One of Pakistan’s best-known Sufi musicians, Amjad Sabri, was shot dead by unknown assailants riding a motorcycle in Karachi on Wednesday, triggering an outpouring of grief over what police described as an “act of terror”.
Sabri, aged around 45, was travelling by car from his home in the city’s eastern Korangi area to a television studio, when a motorcycle pulled up alongside the vehicle and the attackers opened fire, Farooq Sanjarani, a police officer said.
Sabri was hit by five bullets and was declared dead at Abbasi Shaheed Hospital while a companion, named as a relative, Saleem Sabri, was in critical condition, a hospital source added.
“It was a targeted killing and an act of terrorism,” Muqaddas Haider, a senior police officer said, without naming possible suspects.
Grisly mobile phone footage of the scene of the crime shot by an onlooker showed the singer’s head slumped on his right shoulder and a pool of blood on the ground by the driver’s side where he sat.
Sabri was a “Qawwal”, or singer of “Qawwali”, which is a traditional form of Islamic devotional music that is popular across South Asia with roots tracing back to the 13th century.
The music is closely associated with Sufism, a mystical sect of Islam that is viewed as heretical by hardline groups such as the Taliban.
The Taliban and other Islamist groups have carried out major attacks on Sufi mosques and shrines in recent years, including the 2010 bombing of the Data Darbar shrine in Lahore that killed more than 40 people.
Sabri, the son of another legendary Qawwali singer, Ghulam Farid Sabri who died in 1994, was a fixture on national television and regularly performed on a morning show during the ongoing holy Muslim month of Ramadan.
In May 2014 he was asked by a court to respond to blasphemy charges following the broadcast of a controversial song-and-dance routine that was set to a Qawwali piece about the wedding of the Prophet Mohammed’s daughter to his cousin.
His killing was met with shock and condemnation.

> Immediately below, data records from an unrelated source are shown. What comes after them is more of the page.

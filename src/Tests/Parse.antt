-- ===== src/Tests/Parse.antt =====
-- A concrete message, and the theorems on its parse.
use nexo_plugin_email.Base.{
  ℕ, Str, true, false, none, some, List, [], ◌∷◌, ◌≡◌, refl, codes, any, ◌==◌, inr, lookup,
}
use nexo_plugin_email.MimeParse.Bounds.{IsBounded, parse_eml-bounds}
use nexo_plugin_email.MimeParse.Eml.{parse_eml}
use nexo_plugin_email.MimeParse.Intact.{IsIntact}
use nexo_plugin_email.MimeParse.Outcome.{IsAnswer, parse_eml_lem}
use nexo_plugin_email.MimeParse.{
  MimeCrates, ParseConfig, FileSystem, Parsed, Part, binary, text, header_text, other_value,
}

-- A stand-in for a hash, which has no dot.
abbrev pub marks : List ℕ → Str
marks [] = []
marks (x ∷ b) = b'a' ∷ marks b

pub marks-plain : (b : List ℕ) → any (λ c. c == b'.') (marks b) ≡ false
unfolding any
marks-plain [] = refl
marks-plain (x ∷ b) = marks-plain b

abbrev part : Part
part = record {
  body = binary (1 ∷ 2 ∷ 3 ∷ []);
  content_type = none;
  content_disposition = none;
  content_id = none;
}

abbrev mail : Parsed
mail = record {
  from = none;
  to = none;
  cc = none;
  subject = some (codes "Hi");
  message_id = none;
  in_reply_to = other_value;
  references = other_value;
  date = none;
  body_text = some (codes "text");
  body_html = none;
  html_part = none;
  headers = (codes "Precedence", header_text (codes "bulk")) ∷ [];
  attachments = part ∷ record part { body = text (codes "b") } ∷ [];
}

abbrev pub crates : MimeCrates
crates = record {
  parse = λ raw. some mail;
  from_read = λ html. none;
  sha256_hex = marks;
  sha256_hex-plain = marks-plain;
}

abbrev pub cfg : ParseConfig
cfg = record {
  max_body_bytes = 3;
  max_attachment_bytes = 2;
  attachments_dir = codes "data";
  fallback_internal_date = 7;
}

-- All writes succeed, but for the last one of the second attachment.
abbrev pub fs : FileSystem
fs = record {
  create_dir_all = true;
  written = λ name. elim name [ [] ↦ 3 | _ ∷ [] ↦ 2 | _ ∷ _ ∷ _ ↦ 3 ];
  uuid = λ name. codes "0a";
}

pub no_files-IsIntact : IsIntact crates []
unfolding lookup
no_files-IsIntact name = inr tt

parse_eml_lem_example :
    IsIntact crates (parse_eml crates cfg fs (1 ∷ []) [] 0).0
    × IsAnswer crates cfg fs [] 0 (some mail) (parse_eml crates cfg fs (1 ∷ []) [] 0)
parse_eml_lem_example = parse_eml_lem crates cfg fs (1 ∷ []) [] 0 no_files-IsIntact

parse_eml-bounds_example : IsBounded crates cfg fs (parse_eml crates cfg fs (1 ∷ []) [] 0).2
parse_eml-bounds_example = parse_eml-bounds crates cfg fs (1 ∷ []) [] 0 no_files-IsIntact

-- The first file is whole; the second one is still under its temporary name, and is counted.
half_written :
    parse_eml crates cfg fs (1 ∷ []) [] 0
    ≡ ((codes "aa", 1 ∷ 2 ∷ []) ∷ (codes "a.tmp.0a", 98 ∷ []) ∷ [], 1, none)
unfolding parse_eml
half_written = refl
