-- ===== src/Threading/Root.antt =====
-- src/threading.rs: which header gives the root of a thread.
use nexo_plugin_email.Base.{ℕ, Str, Option, none, some, List, [], ◌∷◌, ◌≡◌, refl}
use nexo_plugin_email.Events.{EmailMeta}
use nexo_plugin_email.Threading.{
  canonicalize_message_id, bracketed, first, orphan, root_or, resolve_thread_root,
}

-- the first well-formed id of a list of optional headers
pub first_canonical : List (Option Str) → Option Str
first_canonical [] = none
first_canonical (none ∷ rest) = first_canonical rest
first_canonical (some x ∷ rest) = elim (canonicalize_message_id x) [
  | none ↦ first_canonical rest
  | some c ↦ some c
]

abbrev pub candidates : EmailMeta → List (Option Str)
candidates meta = first meta.references ∷ meta.in_reply_to ∷ meta.message_id ∷ []

pub root_of : ℕ → Str → Option Str → Str
root_of uid account none = orphan uid account
root_of uid account (some c) = bracketed c

-- `root_or` over any headers.
roots : Str → List (Option Str) → Str
roots rest [] = rest
roots rest (x ∷ xs) = root_or x (roots rest xs)

roots_lem :
    (uid : ℕ) (account : Str) (xs : List (Option Str))
    → roots (orphan uid account) xs ≡ root_of uid account (first_canonical xs)
unfolding roots root_of root_or first_canonical
roots_lem uid account [] = refl
roots_lem uid account (none ∷ xs) = roots_lem uid account xs
roots_lem uid account (some x ∷ xs) = decide (canonicalize_message_id x) (roots_lem uid account xs)
  where
    decide :
        (o : Option Str)
        → roots (orphan uid account) xs ≡ root_of uid account (first_canonical xs)
        → (elim o [ none ↦ roots (orphan uid account) xs | some c ↦ bracketed c ])
          ≡ root_of uid account (elim o [ none ↦ first_canonical xs | some c ↦ some c ])
    decide none ih = ih
    decide (some c) ih = refl

-- The root of a thread is the first well-formed id of the first reference, In-Reply-To and
-- Message-ID, in brackets; without one, the synthetic orphan id.
pub resolve_thread_root_lem :
    (meta : EmailMeta) (uid : ℕ) (account : Str)
    → resolve_thread_root meta uid account ≡ root_of uid account (first_canonical (candidates meta))
unfolding resolve_thread_root roots
resolve_thread_root_lem meta uid account = roots_lem uid account (candidates meta)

Neighbours congregated outside the singer’s home to offer condolences to his relatives, while TV channels broadcast recordings of his music in tribute.
“Totally shocked to hear the news of @AmjadSabri. May Allah bless him with Jannah (heaven) for he praised Him & His Prophet beautifully all his life,” tweeted Ayaz Sadiq, the speaker of Pakistan’s parliament.
“Shocked and saddened by news of the killing of Amjad Sabri, not just a crime but an attack on our culture and heritage,” added Mustafa Qadri, a human rights researcher at Amnesty International.
While the motive behind the killing was not immediately clear, Arieb Azhar, another popular Sufi singer, told AFP he believed Sabri may have been targeted because of his religious views.
“Our own dear Amjad Sabri, son of Ghulam Farid Sabri and nephew of Maqbool Sabri, the renowned Sabri brothers, was a true lover of God, life and all that’s good,” he said.
“His mission of love has tragically been cut short by those who spread hate in the world, and is a great loss for all the divided people of our country,” he added.
Karachi, a city of 20 million and Pakistan’s economic hub, is frequently hit by religious, political and ethnic violence.
Paramilitary forces began a sweeping crackdown on militants in the city in 2013, which has led to a substantial drop in overall levels of violence.